I am trying to work out a formula for a curve, but am completely lost on how to get the equation.

x = 10 (time)

y = distance

y has to move to zero, and the curve is steep at the begging.

I have attached a jpg of the curve.

Rivet -

While it's not clear what you're trying to accomplish, there are many formulas to give you something like what you're showing.

Try (for x>0) y=1/x.

Cheers.

Charlie,

Thanks for the reply. I have attached a FMP file which might help.

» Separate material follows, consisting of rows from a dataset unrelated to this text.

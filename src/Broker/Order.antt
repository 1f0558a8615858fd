-- ===== src/Broker/Order.antt =====
-- What a subscriber receives, compared with what was published.
use mathlib.Core.List.{Sublist, append_assoc, sublist-append_left}
use mathlib.Core.List.Sublist
use ducks.Prelude.{
  ℕ, ◌≡◌, refl, sym, ◌&&◌, List, [], ◌∷◌, ◌++◌, length, ltb, eqb, if◌then◌else◌, Bool-cases, eqb→eq,
  inl, inr, ◌∙◌, ap, true, false, subst, arith,
}
use ducks.Broker.{
  Broker, Loop, selecting, sending, returned, Distinct, to_send, offer, member, on_sub, on_unsub,
  on_publish, on_send, on_sent, on_done, publish, subscribe, unsubscribe, receive, Step, publishes,
  subscribes, unsubscribes, receives, takes_sub, takes_unsub, takes_publish, sends, ends_sends,
  takes_done, Reach, start, later, new_broker, msg_capacity,
}
use ducks.Broker.Bounds.{Reach-IsBounded}

-- A channel in a list is none that is not in it.
apart : (ch j : ℕ) (chs : List ℕ) → member ch chs ≡ false → member j chs ≡ true → eqb ch j ≡ false
apart ch j chs out inside = elim (Bool-cases (eqb ch j)) [
  | inl hit ↦ let same = eqb→eq ch j hit in cc
  | inr miss ↦ miss
]

module _ {M : Type 0} where
  -- What `Publish` has sent after a step, given what it had sent before.
  abbrev pub sent_by : {b b' : Broker M} → Step b b' → List M → List M
  sent_by (publishes msg room) sent = sent ++ msg ∷ []
  sent_by _ sent = sent

  -- What each subscriber has received after a step.
  abbrev pub got_by : {b b' : Broker M} → Step b b' → (ℕ → List M) → ℕ → List M
  got_by (receives ch msg rest e) got = λ j. if eqb ch j then got j ++ msg ∷ [] else got j
  got_by _ got = got

  -- The reachable states, with all that was published and received on the way.
  pub data Runs : Broker M → List M → (ℕ → List M) → Type 0 where
    begin : Runs new_broker [] (λ j. [])
    step :
        {b b' : Broker M} {sent : List M} {got : ℕ → List M}
        → Runs b sent got
        → (st : Step b b') → Runs b' (sent_by st sent) (got_by st got)

  Runs-Reach : {b : Broker M} {sent : List M} {got : ℕ → List M} → Runs b sent got → Reach b
  Runs-Reach begin = start
  Runs-Reach (step r st) = later (Runs-Reach r) st

  -- What a subscriber has received, followed by what its channel holds.
  abbrev pub log : Broker M → (ℕ → List M) → ℕ → List M
  log b got ch = got ch ++ b.buffers ch

  -- A message that the loop sends is the last one that was handled, and the channels to which it still
  -- has to be sent have nothing but earlier ones.
  abbrev pub IsSending : (ℕ → List M) → List M → Loop M → Type 0
  IsSending logs handled selecting = Unit
  IsSending logs handled returned = Unit
  IsSending logs handled (sending msg chs) =
      (before : List M) × (handled ≡ before ++ msg ∷ [])
      × ((ch : ℕ) → member ch chs ≡ true → Sublist (logs ch) before)

  -- All that was published is either still in the channel of `Publish` or was handled; what a
  -- subscriber has received, followed by what its channel holds, is a part of what was handled, in
  -- the same order and with no message twice.
  pub record InOrder (b : Broker M) (sent : List M) (got : ℕ → List M) : Type 0 where
    pub handled : List M
    pub fifo : sent ≡ handled ++ b.publish_ch
    pub part : (ch : ℕ) → Sublist (log b got ch) handled
    pub last : IsSending (log b got) handled b.loop

  -- Only what the logs are matters.
  IsSending-eq :
      (logs logs' : ℕ → List M) (handled : List M) (l : Loop M)
      → ((ch : ℕ) → logs' ch ≡ logs ch)
      → IsSending logs handled l
      → IsSending logs' handled l
  IsSending-eq logs logs' handled selecting e h = tt
  IsSending-eq logs logs' handled returned e h = tt
  IsSending-eq logs logs' handled (sending msg chs) e (before, f, g) =
      (before, f, λ ch i. rw (e ch) (g ch i))

  log-receive :
      (b : Broker M) (ch : ℕ) (msg : M) (rest : List M) (got : ℕ → List M) (j : ℕ)
      → b.buffers ch ≡ msg ∷ rest
      → log (receive ch rest b) (λ j. if eqb ch j then got j ++ msg ∷ [] else got j) j ≡ log b got j
  unfolding receive
  log-receive b ch msg rest got j e = elim (Bool-cases (eqb ch j)) [
    | inl hit ↦
        let same : b.buffers j ≡ msg ∷ rest = rw (← eqb→eq ch j hit) e in
        rw (hit, append_assoc, same) refl
    | inr miss ↦ rw miss refl
  ]

  -- One send, to a channel that had nothing but earlier messages.
  part-offer :
      (ch : ℕ) (msg : M) (buffers : ℕ → List M) (got before : List M) (j : ℕ)
      → Sublist (got ++ buffers j) (before ++ msg ∷ [])
      → (eqb ch j ≡ true → Sublist (got ++ buffers j) before)
      → Sublist (got ++ offer ch msg buffers j) (before ++ msg ∷ [])
  unfolding offer
  part-offer ch msg buffers got before j h g =
      elim (Bool-cases (eqb ch j && ltb (length (buffers j)) msg_capacity)) [
        | inl room ↦ rw (room, ← append_assoc) (Sublist.append (g (ground arith)) (Sublist.refl _))
        | inr full ↦ rw full h
      ]

  log-offer-other :
      (ch : ℕ) (msg : M) (buffers : ℕ → List M) (j : ℕ)
      → eqb ch j ≡ false
      → offer ch msg buffers j ≡ buffers j
  unfolding offer
  log-offer-other ch msg buffers j e = ground arith

  sends-InOrder :
      (b : Broker M) (msg : M) (ch : ℕ) (chs : List ℕ) {sent : List M} {got : ℕ → List M}
      → Distinct (ch ∷ chs)
      → b.loop ≡ sending msg (ch ∷ chs)
      → InOrder b sent got
      → InOrder (on_send msg ch chs b) sent got
  unfolding on_send member
  sends-InOrder b msg ch chs {sent} {got} d e h =
      let (before, f, g) = subst (IsSending (log b got) h.handled) e h.last in
      record {
        handled = h.handled;
        fifo = h.fifo;
        part = λ j. rw f (
            part-offer ch msg b.buffers (got j) before j (rw f at (h.part j))
              (λ hit. g j (ground arith)));
        last = (
          before,
          f,
          λ j i.
              rw (log-offer-other ch msg b.buffers j (apart ch j chs d.0 i)) (g j (ground arith)),
        );
      }

  Step-InOrder :
      {b b' : Broker M} (st : Step b b') {sent : List M} {got : ℕ → List M}
      → Distinct (to_send b.loop)
      → InOrder b sent got
      → InOrder b' (sent_by st sent) (got_by st got)
  unfolding publish subscribe unsubscribe on_sub on_unsub on_publish on_sent on_done receive
  Step-InOrder (publishes {b} msg room) d h = record {
    handled = h.handled;
    fifo = rw (h.fifo, append_assoc);
    part = h.part;
    last = h.last;
  }
  Step-InOrder (receives {b} ch msg rest e) {sent} {got} d h = record {
    handled = h.handled;
    fifo = h.fifo;
    part =
        λ j. subst (λ l. Sublist l h.handled) (sym (log-receive b ch msg rest got j e)) (h.part j);
    last =
        IsSending-eq (log b got) _ h.handled b.loop (λ j. log-receive b ch msg rest got j e) h.last;
  }
  Step-InOrder (takes_publish {b} msg rest order idle e map) d h = record {
    handled = h.handled ++ msg ∷ [];
    fifo = h.fifo ∙ (ap (◌++◌ h.handled) e ∙ sym (append_assoc h.handled (msg ∷ []) rest));
    part = λ ch. Sublist.trans (h.part ch) (sublist-append_left h.handled (msg ∷ []));
    last = (h.handled, refl, λ ch i. h.part ch);
  }
  Step-InOrder (sends {b} msg ch chs e) d h = sends-InOrder b msg ch chs (rw e at d) e h
  Step-InOrder (ends_sends msg e) d h = record {
    handled = h.handled;
    fifo = h.fifo;
    part = h.part;
    last = tt;
  }
  Step-InOrder (subscribes room) d h = record {
    handled = h.handled;
    fifo = h.fifo;
    part = h.part;
    last = h.last;
  }
  Step-InOrder (unsubscribes ch waits room) d h = record {
    handled = h.handled;
    fifo = h.fifo;
    part = h.part;
    last = h.last;
  }
  Step-InOrder (takes_sub ch rest idle e) d h = record {
    handled = h.handled;
    fifo = h.fifo;
    part = h.part;
    last = h.last;
  }
  Step-InOrder (takes_unsub ch rest idle e) d h = record {
    handled = h.handled;
    fifo = h.fifo;
    part = h.part;
    last = h.last;
  }
  Step-InOrder (takes_done idle) d h = record {
    handled = h.handled;
    fifo = h.fifo;
    part = h.part;
    last = tt;
  }

  -- After any run, what each subscriber has received and still holds is a part of what was
  -- published, in the order of publication and with no message twice; also in the middle of the loop
  -- that sends a message to the subscribers, in whatever order, while they receive.
  pub Runs-InOrder :
      {b : Broker M} {sent : List M} {got : ℕ → List M} → Runs b sent got → InOrder b sent got
  Runs-InOrder begin = record { handled = []; fifo = refl; part = λ ch. Sublist.refl []; last = tt }
  Runs-InOrder (step r st) = Step-InOrder st (Reach-IsBounded (Runs-Reach r)).order (Runs-InOrder r)
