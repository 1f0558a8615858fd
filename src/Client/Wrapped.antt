-- ===== src/Client/Wrapped.antt =====
-- The client that a duck client wraps: `reconcilers.Config` of `reconciler.io/runtime`, and the
-- conversion `duck.Convert`. It reads and writes a `World` that it shares with everybody else.
-- Its methods are polymorphic in the Go type of their object; here there is one operation for each
-- type at which `client/client.go` calls a method.
use ducks.Prelude.{String, Bool, List}
use ducks.Prelude.Exec.{Exec, Result}
use ducks.Schema.{GroupVersionKind, TypeMeta}
use ducks.Api.{Duck, DuckType}

-- A `client.Object` or a `client.ObjectList`: the kind that its type metadata names, and the rest.
pub record Object (Content : Type 0) : Type 0 where
  pub gvk : GroupVersionKind
  pub content : Content

pub record Upstream (S : Type 0) : Type 1 where
  pub World : Type 0
  pub Error : Type 0
  pub Key : Type 0
  pub Content : Type 0
  -- An item of an `unstructured.UnstructuredList`.
  pub Item : Type 0
  -- The options of reads, lists and deletes.
  pub Opts : Type 0
  -- `apierrs.IsNotFound`
  pub is_not_found : Error → Bool
  -- `Get` of a `DuckType` by its name, and `List` and `TrackAndList` of a `DuckList`.
  pub get_duck_type : String → Exec World Error (DuckType S)
  pub list_ducks : TypeMeta → Exec World Error (List (Duck S))
  pub track_and_list_ducks : TypeMeta → Exec World Error (List (Duck S))
  -- A read fills its object, whether it fails or not.
  pub get : Key → Opts → Object Content → World → Result Error Unit × Object Content × World
  pub track_and_get :
      Key → Opts → Object Content → World → Result Error Unit × Object Content × World
  -- `List` and `TrackAndList` of an unstructured list of the given kind.
  pub list : GroupVersionKind → Opts → Exec World Error (List Item)
  pub track_and_list : GroupVersionKind → Opts → Exec World Error (List Item)
  pub delete_all_of : Object Content → Opts → Exec World Error Unit
  -- The calls that a duck client passes on. A write fills its object.
  pub apply : Content → Opts → Exec World Error Unit
  pub create : Opts → Object Content → World → Result Error Unit × Object Content × World
  pub delete : Object Content → Opts → Exec World Error Unit
  pub update : Opts → Object Content → World → Result Error Unit × Object Content × World
  pub Patch : Type 0
  pub patch : Patch → Opts → Object Content → World → Result Error Unit × Object Content × World
  pub Scheme : Type 0
  pub RestMapper : Type 0
  pub scheme : Scheme
  pub rest_mapper : RestMapper
  pub is_object_namespaced : Object Content → Result Error Bool
  -- `duck.Convert(from, to)`: what it reports, and the list as it leaves it.
  pub convert : List Item → Object Content → Result Error Unit × Object Content
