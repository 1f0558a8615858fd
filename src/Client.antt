-- ===== src/Client.antt =====
-- The duck client of `client/client.go`: it finds the ducks of a duck type, fills in the version
-- of the resource that is asked for, and spreads lists and deletes over all resources.
pub mod Wrapped
pub mod Select
pub mod Lookup
pub mod Found
pub mod Reads
pub mod Spread
pub mod Deletes
pub mod Calls
use Prim.Native.Char.{Char}
use ducks.Prelude.{
  String, Bool, true, false, not, ◌&&◌, List, [], ◌∷◌, ◌++◌, Option, none, some, ◌==◌, ◌≡◌,
  if◌then◌else◌,
}
use ducks.Prelude.Text.{◌<>◌}
use ducks.Prelude.Exec.{Exec, Result, ok, err, pure, raise, map_error, map_result, ◌>>=◌, ◌>>◌}
use ducks.Schema.{Schema, GroupKind, GroupVersionKind, TypeMeta}
use ducks.Conditions.{Conditions}
use ducks.Api.{
  Duck, DuckType, ObjectMeta, condition_ready, duck_get_condition, duck_type_get_condition,
}
use ducks.Api.Webhook.{duck_type_default}
use Select.{Ducks, duck_type_is_ready, duck_list_meta, select_ducks, is_nil}
use Wrapped.{Upstream, Object}

-- The sentinel errors, and an error of the wrapped client.
pub data ClientError (E : Type 0) : Type 0 where
  unknown_duck_type unknown_duck duck_type_not_ready : ClientError E
  other : E → ClientError E

module _ (s : Schema) (c : Conditions) (lower : Char → Char) (u : Upstream c.Status) where
  open u use {World, Error, Key, Content, Item, Opts}

  abbrev pub Call : Type 0 → Type 0
  Call A = Exec World (ClientError Error) A

  abbrev pub lookup_error : Error → ClientError Error
  lookup_error e = if u.is_not_found e then unknown_duck_type else other e

  -- The list of a duck type's ducks, by the tracking method or the plain one.
  abbrev pub read_items : DuckType c.Status → Bool → Exec World Error (Ducks c)
  read_items t track =
      if track
      then u.track_and_list_ducks (duck_list_meta s c t)
      else u.list_ducks (duck_list_meta s c t)

  -- The end of `ducks`: nothing found is an error, unless everything was asked for.
  abbrev pub check_found : GroupKind → Ducks c → Call (Ducks c)
  check_found gk selected =
      if not (s.is_empty gk) && is_nil selected then raise unknown_duck else pure selected

  -- `ducks` of the client for the duck type `name`.
  unfoldable pub find_ducks : String → GroupKind → Bool → Call (Ducks c)
  unfolding duck_type_default
  find_ducks name gk track = do
    found ← map_error lookup_error (u.get_duck_type name)
    let duck_type = duck_type_default lower found
    if not (duck_type_is_ready c duck_type) then raise duck_type_not_ready else do
      items ← map_error other (read_items duck_type track)
      check_found gk (select_ducks s c gk items)

  -- `duck` wants exactly one.
  abbrev pub only_duck : Ducks c → Call (Duck c.Status)
  only_duck [] = raise unknown_duck
  only_duck (d ∷ []) = pure d
  only_duck (d ∷ d' ∷ ds) = raise unknown_duck

  unfoldable pub find_duck : String → GroupKind → Bool → Call (Duck c.Status)
  find_duck name gk track = do found ← find_ducks name gk track; only_duck found

  abbrev pub versioned : Object Content → Duck c.Status → Object Content
  versioned obj d = record obj { gvk = record obj.gvk { version = d.spec.version } }

  -- `setDuckVersion` returns the object with its version set; on an error the object is as it was.
  unfoldable pub set_duck_version : String → Object Content → Bool → Call (Object Content)
  set_duck_version name obj track = do
    d ← find_duck name (s.group_kind obj.gvk) track
    pure (versioned obj d)

  -- A call that writes to its object returns the object beside the result.
  abbrev pub Reply : Type 0
  Reply = Result (ClientError Error) Unit × Object Content × World

  abbrev pub lift_reply : Result Error Unit × Object Content × World → Reply
  lift_reply (ok a, obj, w) = (ok a, obj, w)
  lift_reply (err e, obj, w) = (err (other e), obj, w)

  -- The body of a read after `setDuckVersion`.
  abbrev pub then_read :
      Object Content
      → Result (ClientError Error) (Object Content) × World
      → (Object Content → World → Result Error Unit × Object Content × World)
      → Reply
  then_read obj (ok obj', w) read = lift_reply (read obj' w)
  then_read obj (err e, w) read = (err e, obj, w)

  pub get : String → Key → Opts → Object Content → World → Reply
  get name key opts obj w = then_read obj (set_duck_version name obj false w) (u.get key opts)

  pub track_and_get : String → Key → Opts → Object Content → World → Reply
  track_and_get name key opts obj w =
      then_read obj (set_duck_version name obj true w) (u.track_and_get key opts)

  -- The kinds that a list and a delete name for one duck.
  abbrev pub list_gvk : Duck c.Status → GroupVersionKind
  list_gvk d = record {
    group = d.spec.group;
    version = d.spec.version;
    kind = d.spec.kind <> "List";
  }

  abbrev pub duck_gvk : Duck c.Status → GroupVersionKind
  duck_gvk d = record { group = d.spec.group; version = d.spec.version; kind = d.spec.kind }

  -- The loop of `List` and `TrackAndList`, which append to `aggregate`.
  unfoldable pub list_each :
      (GroupVersionKind → Exec World Error (List Item)) → Ducks c → List Item → Call (List Item)
  list_each read [] aggregate = pure aggregate
  list_each read (d ∷ ds) aggregate = do
    items ← map_error other (read (list_gvk d))
    list_each read ds (aggregate ++ items)

  abbrev pub then_convert : Object Content → Result (ClientError Error) (List Item) × World → Reply
  then_convert target (err e, w) = (err e, target, w)
  then_convert target (ok items, w) =
      let (r, target') = u.convert items target in lift_reply (r, target', w)

  unfoldable pub list : String → Opts → Object Content → World → Reply
  unfolding list_each
  list name opts target w = then_convert target (
      (find_ducks name (s.group_kind target.gvk) false >>= λ found.
      list_each (λ gvk. u.list gvk opts) found [])
        w)

  pub track_and_list : String → Opts → Object Content → World → Reply
  unfolding list_each
  track_and_list name opts target w = then_convert target (
      (find_ducks name (s.group_kind target.gvk) true >>= λ found.
      list_each (λ gvk. u.track_and_list gvk opts) found [])
        w)

  -- The loop of `DeleteAllOf`, on a copy of the object for each duck.
  pub delete_each : Object Content → Opts → Ducks c → Call Unit
  delete_each obj opts [] = pure tt
  delete_each obj opts (d ∷ ds) = do
    map_error other (u.delete_all_of (record obj { gvk = duck_gvk d }) opts)
    delete_each obj opts ds

  pub delete_all_of : String → Object Content → Opts → Call Unit
  unfolding delete_each
  delete_all_of name obj opts = do
    found ← find_ducks name (s.group_kind obj.gvk) false
    delete_each obj opts found

  -- `GroupVersionKindFor` sets the version of a copy.
  unfoldable pub group_version_kind_for : String → Object Content → Call GroupVersionKind
  group_version_kind_for name obj = do obj' ← set_duck_version name obj false; pure obj'.gvk
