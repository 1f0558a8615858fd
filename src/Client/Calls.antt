-- ===== src/Client/Calls.antt =====
-- All calls of a duck client together: those that look ducks up, those that are passed on, and those
-- that panic.
use Prim.Native.Char.{Char}
use ducks.Prelude.{String, Bool, ◌≡◌, ◌↔◌, ◌⊎◌, inl, inr, refl, Option, none, some}
use ducks.Prelude.Exec.{Exec, Result, map_error}
use ducks.Schema.{Schema, GroupVersionKind}
use ducks.Conditions.{Conditions}
use ducks.Client.Wrapped.{Upstream, Object}
use ducks.Client
use ducks.Client.{ClientError, Reply, lift_reply}

module _ (s : Schema) (c : Conditions) (lower : Char → Char) (u : Upstream c.Status) where
  open u use {World, Error, Key, Content, Item, Opts, Patch, Scheme, RestMapper}

  -- A call with its arguments.
  pub data Request : Type 0 where
    get track_and_get : Key → Opts → Object Content → Request
    list track_and_list : Opts → Object Content → Request
    delete_all_of : Object Content → Opts → Request
    group_version_kind_for : Object Content → Request
    apply : Content → Opts → Request
    create update : Opts → Object Content → Request
    delete : Object Content → Opts → Request
    patch : Patch → Opts → Object Content → Request
    is_object_namespaced : Object Content → Request
    watch : Opts → Object Content → Request
    status scheme rest_mapper : Request
    sub_resource : String → Request

  -- What a call returns: an object beside the result, a result alone, a kind, or an answer.
  pub data Response : Type 0 where
    replied : Result (ClientError Error) Unit × Object Content × World → Response
    finished : Result (ClientError Error) Unit × World → Response
    kind_is : Result (ClientError Error) GroupVersionKind × World → Response
    namespaced : Result Error Bool × World → Response
    scheme_is : Scheme → Response
    rest_mapper_is : RestMapper → Response

  -- The calls that are passed on.
  unfoldable pub apply_passed : Content → Opts → Exec World (ClientError Error) Unit
  apply_passed obj opts = map_error ClientError.other (u.apply obj opts)

  unfoldable pub create_passed : Opts → Object Content → World → Reply s c lower u
  create_passed opts obj w = lift_reply s c lower u (u.create opts obj w)

  unfoldable pub delete_passed : Object Content → Opts → Exec World (ClientError Error) Unit
  delete_passed obj opts = map_error ClientError.other (u.delete obj opts)

  unfoldable pub update_passed : Opts → Object Content → World → Reply s c lower u
  update_passed opts obj w = lift_reply s c lower u (u.update opts obj w)

  unfoldable pub patch_passed : Patch → Opts → Object Content → World → Reply s c lower u
  patch_passed p opts obj w = lift_reply s c lower u (u.patch p opts obj w)

  -- A call of the client for the duck type `name`; `none` is a panic.
  pub serve : String → Request → World → Option Response
  unfolding apply_passed create_passed delete_passed update_passed patch_passed
  serve name (get key opts obj) w = some (replied (Client.get s c lower u name key opts obj w))
  serve name (track_and_get key opts obj) w =
      some (replied (Client.track_and_get s c lower u name key opts obj w))
  serve name (list opts target) w = some (replied (Client.list s c lower u name opts target w))
  serve name (track_and_list opts target) w =
      some (replied (Client.track_and_list s c lower u name opts target w))
  serve name (delete_all_of obj opts) w =
      some (finished (Client.delete_all_of s c lower u name obj opts w))
  serve name (group_version_kind_for obj) w =
      some (kind_is (Client.group_version_kind_for s c lower u name obj w))
  serve name (apply obj opts) w = some (finished (apply_passed obj opts w))
  serve name (create opts obj) w = some (replied (create_passed opts obj w))
  serve name (update opts obj) w = some (replied (update_passed opts obj w))
  serve name (delete obj opts) w = some (finished (delete_passed obj opts w))
  serve name (patch p opts obj) w = some (replied (patch_passed p opts obj w))
  serve name (is_object_namespaced obj) w = some (namespaced (u.is_object_namespaced obj, w))
  serve name scheme w = some (scheme_is u.scheme)
  serve name rest_mapper w = some (rest_mapper_is u.rest_mapper)
  serve name (watch opts target) w = none
  serve name status w = none
  serve name (sub_resource sub) w = none

  -- The calls that the client does not implement, and those that look ducks up.
  abbrev IsUnsupported : Request → Type 0
  IsUnsupported (watch opts target) = Unit
  IsUnsupported status = Unit
  IsUnsupported (sub_resource sub) = Unit
  IsUnsupported _ = ⊥

  abbrev LooksUp : Request → Type 0
  LooksUp (get key opts obj) = Unit
  LooksUp (track_and_get key opts obj) = Unit
  LooksUp (list opts target) = Unit
  LooksUp (track_and_list opts target) = Unit
  LooksUp (delete_all_of obj opts) = Unit
  LooksUp (group_version_kind_for obj) = Unit
  LooksUp _ = ⊥

  answered : {a : Response} → (some a ≡ none) ↔ ⊥
  answered = ((λ e. cc e), λ h. absurd h)

  -- A call panics exactly if it is `Watch`, `Status` or `SubResource`; and the duck type plays a part
  -- in those calls only that look ducks up, which are the reads, `DeleteAllOf` and
  -- `GroupVersionKindFor`.
  serve_lem :
      (name name' : String) (q : Request) (w : World)
      → ((serve name q w ≡ none) ↔ IsUnsupported q)
        × ((serve name q w ≡ serve name' q w) ⊎ LooksUp q)
  unfolding serve
  serve_lem name name' (get key opts obj) w = (answered, inr tt)
  serve_lem name name' (track_and_get key opts obj) w = (answered, inr tt)
  serve_lem name name' (list opts target) w = (answered, inr tt)
  serve_lem name name' (track_and_list opts target) w = (answered, inr tt)
  serve_lem name name' (delete_all_of obj opts) w = (answered, inr tt)
  serve_lem name name' (group_version_kind_for obj) w = (answered, inr tt)
  serve_lem name name' (apply obj opts) w = (answered, inl refl)
  serve_lem name name' (create opts obj) w = (answered, inl refl)
  serve_lem name name' (update opts obj) w = (answered, inl refl)
  serve_lem name name' (delete obj opts) w = (answered, inl refl)
  serve_lem name name' (patch p opts obj) w = (answered, inl refl)
  serve_lem name name' (is_object_namespaced obj) w = (answered, inl refl)
  serve_lem name name' scheme w = (answered, inl refl)
  serve_lem name name' rest_mapper w = (answered, inl refl)
  serve_lem name name' (watch opts target) w = ((λ e. tt, λ h. refl), inl refl)
  serve_lem name name' status w = ((λ e. tt, λ h. refl), inl refl)
  serve_lem name name' (sub_resource sub) w = ((λ e. tt, λ h. refl), inl refl)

I am trying to plot numbers from start to zero through

a number of step that will represent a curve.

I would like

curve.zip

y = 200/x for all x > 0

y will never touch 0, but will get infinitely closer.

Rivet,

Unfortunately I don't have version 7 and the trial has expired so wasn't able to look at your attachment. But your curve could be generated using a displaced parabola. Consider the equation:

y = ( ( x - n ) ^ 2 ) / n

Where the ^ symbol represents 'to the power of' and

n is the number of steps.

So for n=10 the (x,y) pairs are:

(0 , 10) , (1 , 8.1) , (2 , 6.4) , ... , (8 , 0.4) , (9 , 0.1) , (10 , 0).

Cheers,

John.

Thanks guys, I am almost there... now can I have it so the 'y' starts at 200 and curves to 0 in ten steps?

Rivet,

Change the parabola to:

y = ( ( x - n ) ^ 2 ) * a

where a is the factor of n^2 that gives the sarting value of y. So for n=10 (10 steps), at x=0 (the starting value of x), set a = 2 to make y = 200. I had assumed, god knows why, that you wanted the y (for x=0) to be the same as x (for y=0). Anyway, adjust the value of a accordingly to give whatever starting value for y you like.

Cheers,

John.

John, That did it... many thanks.

Sorry I dropped out of the thread - preoccupied. I'm glad to see that Math Club is alive and well on FMForums!

How about a reverse of the formula? Curve from 0 - n

Rivet,

The reverse of your formula takes a little longer to work out ... eh eh ... no, I just dropped out of the forums for a while, as well.

To start y at zero, remove the displacement term to put the min value of the parabola back on the origin:

y = ( x ^ 2 ) * a

where a is the same as in the previous formula.

Cheers,

John.